Il giudice per le udienze preliminari ha preso in esame il caso, che rivela come un commerciante di via Epomeo sia stato costretto a pagare fino a 15mila euro in diverse rate sotto minaccia. Queste pratiche estorsive non sono isolate, ma parte di una strategia di radicamento criminale che ha visto i cittadini, indicati come vittime dalla Direzione Distrettuale Antimafia (Dda) di Napoli, sottomessi a tassi usurari e pressioni continue.

La nota più triste di questa vicenda è l’assenza in aula delle presunte vittime, i “cittadini innocenti” che hanno subito intimidazioni e minacce.

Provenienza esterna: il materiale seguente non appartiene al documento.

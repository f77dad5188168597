-- ===== src/Readiness.antt =====
-- logs.go: what the readiness monitor makes of the lines that the followers of the two logs read.
-- The lines are what a follower hands over in each round; letters are folded as ASCII letters.
pub mod Round
pub mod Wait
pub mod Lines
mod Tests
use docker_vrising.Prelude.{
  ℕ, zero, suc, ◌+◌, Bool, true, false, ◌&&◌, ◌||◌, not, List, [], ◌∷◌, ◌++◌, ◌==◌, any, leb,
  nat_eq, bytes_eq, Bytes, codes, map, Option, none, some, length, if◌then◌else◌,
}
use docker_vrising.Prelude.Result.{Result, ok, err, ◌>>=◌, ◌>>◌, guard}
use docker_vrising.Config.{has_prefix, semantic_version}

pub record ExpectedReadiness : Type 0 where
  pub kindred_version : Bytes
  pub satisvampory_version : Bytes
  pub require_mods : Bool

-- `readinessEvidence`
pub record Evidence : Type 0 where
  pub server_startup : Bool
  pub chainloader : Bool
  pub vcf : Bool
  pub kindred : Bool
  pub satisvampory : Bool

-- `strings.Contains`
unfoldable pub contains_text : Bytes → Bytes → Bool
contains_text [] text = has_prefix [] text
contains_text (c ∷ s) text = has_prefix (c ∷ s) text || contains_text s text

-- `strings.ToLower`
abbrev lower_letter : ℕ → ℕ
lower_letter c = if leb 65 c && leb c 90 then c + 32 else c

abbrev pub to_lower : Bytes → Bytes
to_lower line = map lower_letter line

-- The tests of `observe`.
unfoldable pub shows_startup : Bytes → Bool
unfolding contains_text
shows_startup line = contains_text line (codes "[Server] Startup Completed")

unfoldable pub shows_chainloader : Bytes → Bool
unfolding contains_text
shows_chainloader line =
    let lower = to_lower line in
    contains_text lower (codes "chainloader")
    && (contains_text lower (codes "startup complete")
        || contains_text lower (codes "startup finished"))

unfoldable pub shows_vcf : Bytes → Bool
unfolding contains_text
shows_vcf line =
    contains_text (to_lower line) (codes "vampirecommandframework")
    && contains_text line (codes "VCF Loaded: ")

unfoldable pub shows_kindred : ExpectedReadiness → Bytes → Bool
unfolding contains_text
shows_kindred expected line =
    not (expected.kindred_version == [])
    && contains_text line (
        codes "Plugin aa.odjit.KindredCommands version "
        ++ (expected.kindred_version ++ codes " is loaded!"))

unfoldable pub shows_satisvampory : ExpectedReadiness → Bytes → Bool
unfolding contains_text
shows_satisvampory expected line =
    not (expected.satisvampory_version == [])
    && contains_text line
        (codes "Satisvampory " ++ (expected.satisvampory_version ++ codes " (Satisvampory) ready."))

unfoldable pub observe : ExpectedReadiness → Bytes → Evidence → Evidence
observe expected line e = record {
  server_startup = if shows_startup line then true else e.server_startup;
  chainloader = if shows_chainloader line then true else e.chainloader;
  vcf = if shows_vcf line then true else e.vcf;
  kindred = if shows_kindred expected line then true else e.kindred;
  satisvampory = if shows_satisvampory expected line then true else e.satisvampory;
}

unfoldable pub reset : Bytes → Evidence → Evidence
reset source e = if source == codes "server" then record e { server_startup = false } else record {
  server_startup = e.server_startup;
  chainloader = false;
  vcf = false;
  kindred = false;
  satisvampory = false;
}

unfoldable pub complete : Evidence → Bool → Bool
complete e require_mods =
    if not e.server_startup
    then false
    else not require_mods || (e.chainloader && (e.vcf && (e.kindred && e.satisvampory)))

abbrev fatal_signatures : List Bytes
fatal_signatures =
    codes "error loading ["
    ∷ codes "failed to load plugin"
    ∷ codes "failed loading plugin"
    ∷ codes "could not load plugin"
    ∷ codes "failed to initialize bepinex"
    ∷ codes "failed to generate il2cpp interop assemblies"
    ∷ codes "bepinex initialization failed"
    ∷ codes "failed to load coreclr"
    ∷ codes "failed to start coreclr"
    ∷ codes "coreclr initialization failed"
    ∷ codes "coreclr_initialize failed"
    ∷ codes "unable to execute doorstop target assembly"
    ∷ codes "failed to load doorstop"
    ∷ []

-- `fatalReadinessLine`
unfoldable pub fatal_readiness_line : Bytes → Bool
unfolding contains_text
fatal_readiness_line line =
    let has = contains_text (to_lower line) in
    any has fatal_signatures
    || ((has (codes "fatal")
          && (has (codes "bepinex")
              || (has (codes "doorstop") || (has (codes "coreclr") || has (codes "plugin")))))
        || (has (codes "doorstop")
            && (has (codes " error") || (has (codes ":error") || has (codes " failed")))))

Questo silenzio è indicativo dell’atmosfera di paura che regna in alcune aree di Napoli, dove l’omertà sembra ancora prevalere. Nonostante la gravità delle accuse, nessuna delle vittime ha voluto presentarsi per rivendicare il proprio status di parte offesa.

Il processo vede anche la costituzione di parte civile da parte del Comune di Napoli e della Presidenza del Consiglio, oltre che dell’associazione Sos Impresa, rappresentata dall’avvocato Alessandro Motta. Questi soggetti cercano di sostenere il procedimento giudiziario e di offrire supporto alle vittime, spesso lasciate sole a fronteggiare la criminalità organizzata.

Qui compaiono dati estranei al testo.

-- ===== src/Readiness/Lines.antt =====
-- logs.go: `completeLines`, which cuts what was read from a log into lines. A follower calls it with
-- each chunk that it reads and keeps the remainder, the start of a line, between the calls.
pub mod Chunks
use docker_vrising.Prelude.{
  ℕ, zero, suc, ◌+◌, Bool, true, false, List, [], ◌∷◌, ◌++◌, ◌==◌, nat_eq, ltb, length, Bytes,
  Option, none, some, if◌then◌else◌,
}
use docker_vrising.Steam.Console.{trim_return}
use docker_vrising.Prelude.Result.{Result, ok, err, ◌>>=◌, ◌>>◌, guard}

pub data LineError : Type 0 where
  line_too_long out_of_fuel : LineError

-- `maxReadinessInputBytes`
abbrev pub max_readiness_input_bytes : ℕ
max_readiness_input_bytes = 1048576

-- The content before and after the first newline, by `bytes.IndexByte`.
unfoldable pub cut_newline : Bytes → Option (Bytes × Bytes)
cut_newline [] = none
cut_newline (c ∷ content) =
    let later = cut_newline content in
    if c == 10
    then some ([], content)
    else elim later [ none ↦ none | some (before, after) ↦ some (c ∷ before, after) ]

-- The lines of a call, and the remainder that it leaves.
abbrev pub Lines : Type 0
Lines = List Bytes × Bytes

abbrev pub add_line : Bytes → Lines → Lines
add_line line (lines, remainder) = (line ∷ lines, remainder)

module _ (limit : ℕ) where
  abbrev pub keep_rest : Bytes → Bytes → Result LineError Lines
  keep_rest remainder content =
      if ltb limit (length remainder + length content)
      then err line_too_long
      else ok ([], remainder ++ content)

  abbrev pub end_line :
      (Bytes → Bytes → Result LineError Lines) → Bytes → Bytes → Bytes → Result LineError Lines
  end_line more remainder before after =
      if ltb limit (length remainder + length before)
      then err line_too_long
      else more [] after >>= (λ rest. ok (add_line (trim_return (remainder ++ before)) rest))

  abbrev pub one_round :
      (Bytes → Bytes → Result LineError Lines)
      → Bytes
      → Bytes
      → Option (Bytes × Bytes)
      → Result LineError Lines
  one_round more remainder content none = keep_rest remainder content
  one_round more remainder content (some (before, after)) = end_line more remainder before after

  -- The loop; each round takes a newline at least.
  unfoldable pub lines_from : ℕ → Bytes → Bytes → Result LineError Lines
  unfolding cut_newline
  lines_from fuel remainder [] = ok ([], remainder)
  lines_from zero remainder (c ∷ content) = err out_of_fuel
  lines_from (suc fuel) remainder (c ∷ content) =
      one_round (lines_from fuel) remainder (c ∷ content) (cut_newline (c ∷ content))

-- `completeLines`
unfoldable pub complete_lines : Bytes → Bytes → Result LineError Lines
unfolding lines_from
complete_lines remainder content =
    lines_from max_readiness_input_bytes (length content) remainder content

L’udienza è stata occasione per gli avvocati di delineare le strategie difensive, con alcuni imputati che hanno optato per il rito abbreviato, sperando in una riduzione della pena. Tuttavia, il clima di tensione non diminuisce, come dimostrano episodi recenti di violenza nella stessa area, tra cui un raid in un parco giochi che ha visto una madre ferita mentre si prendeva cura della figlia.

Il caso continuerà a giugno, con il ritorno in aula e l’attesa delle richieste di condanne per coloro che hanno scelto di essere giudicati con il rito abbreviato. Intanto, il verdetto duro contro il clan Sorianiello, emesso nello stesso periodo, conferma l’esistenza di una rete criminale ben strutturata, capace di imporre il proprio dominio attraverso la violenza e l’intimidazione.

Questo processo non è solo un’esposizione delle dinamiche criminali di Napoli ovest, ma anche un esame della capacità della giustizia di proteggere i cittadini e di affermare l’autorità dello Stato in zone dove la legge sembra avere poco potere. Le conseguenze di questo processo saranno cruciali per la lotta alla camorra e potrebbero segnare un punto di svolta nella ripresa di controllo civile nelle aree più turbolente della città.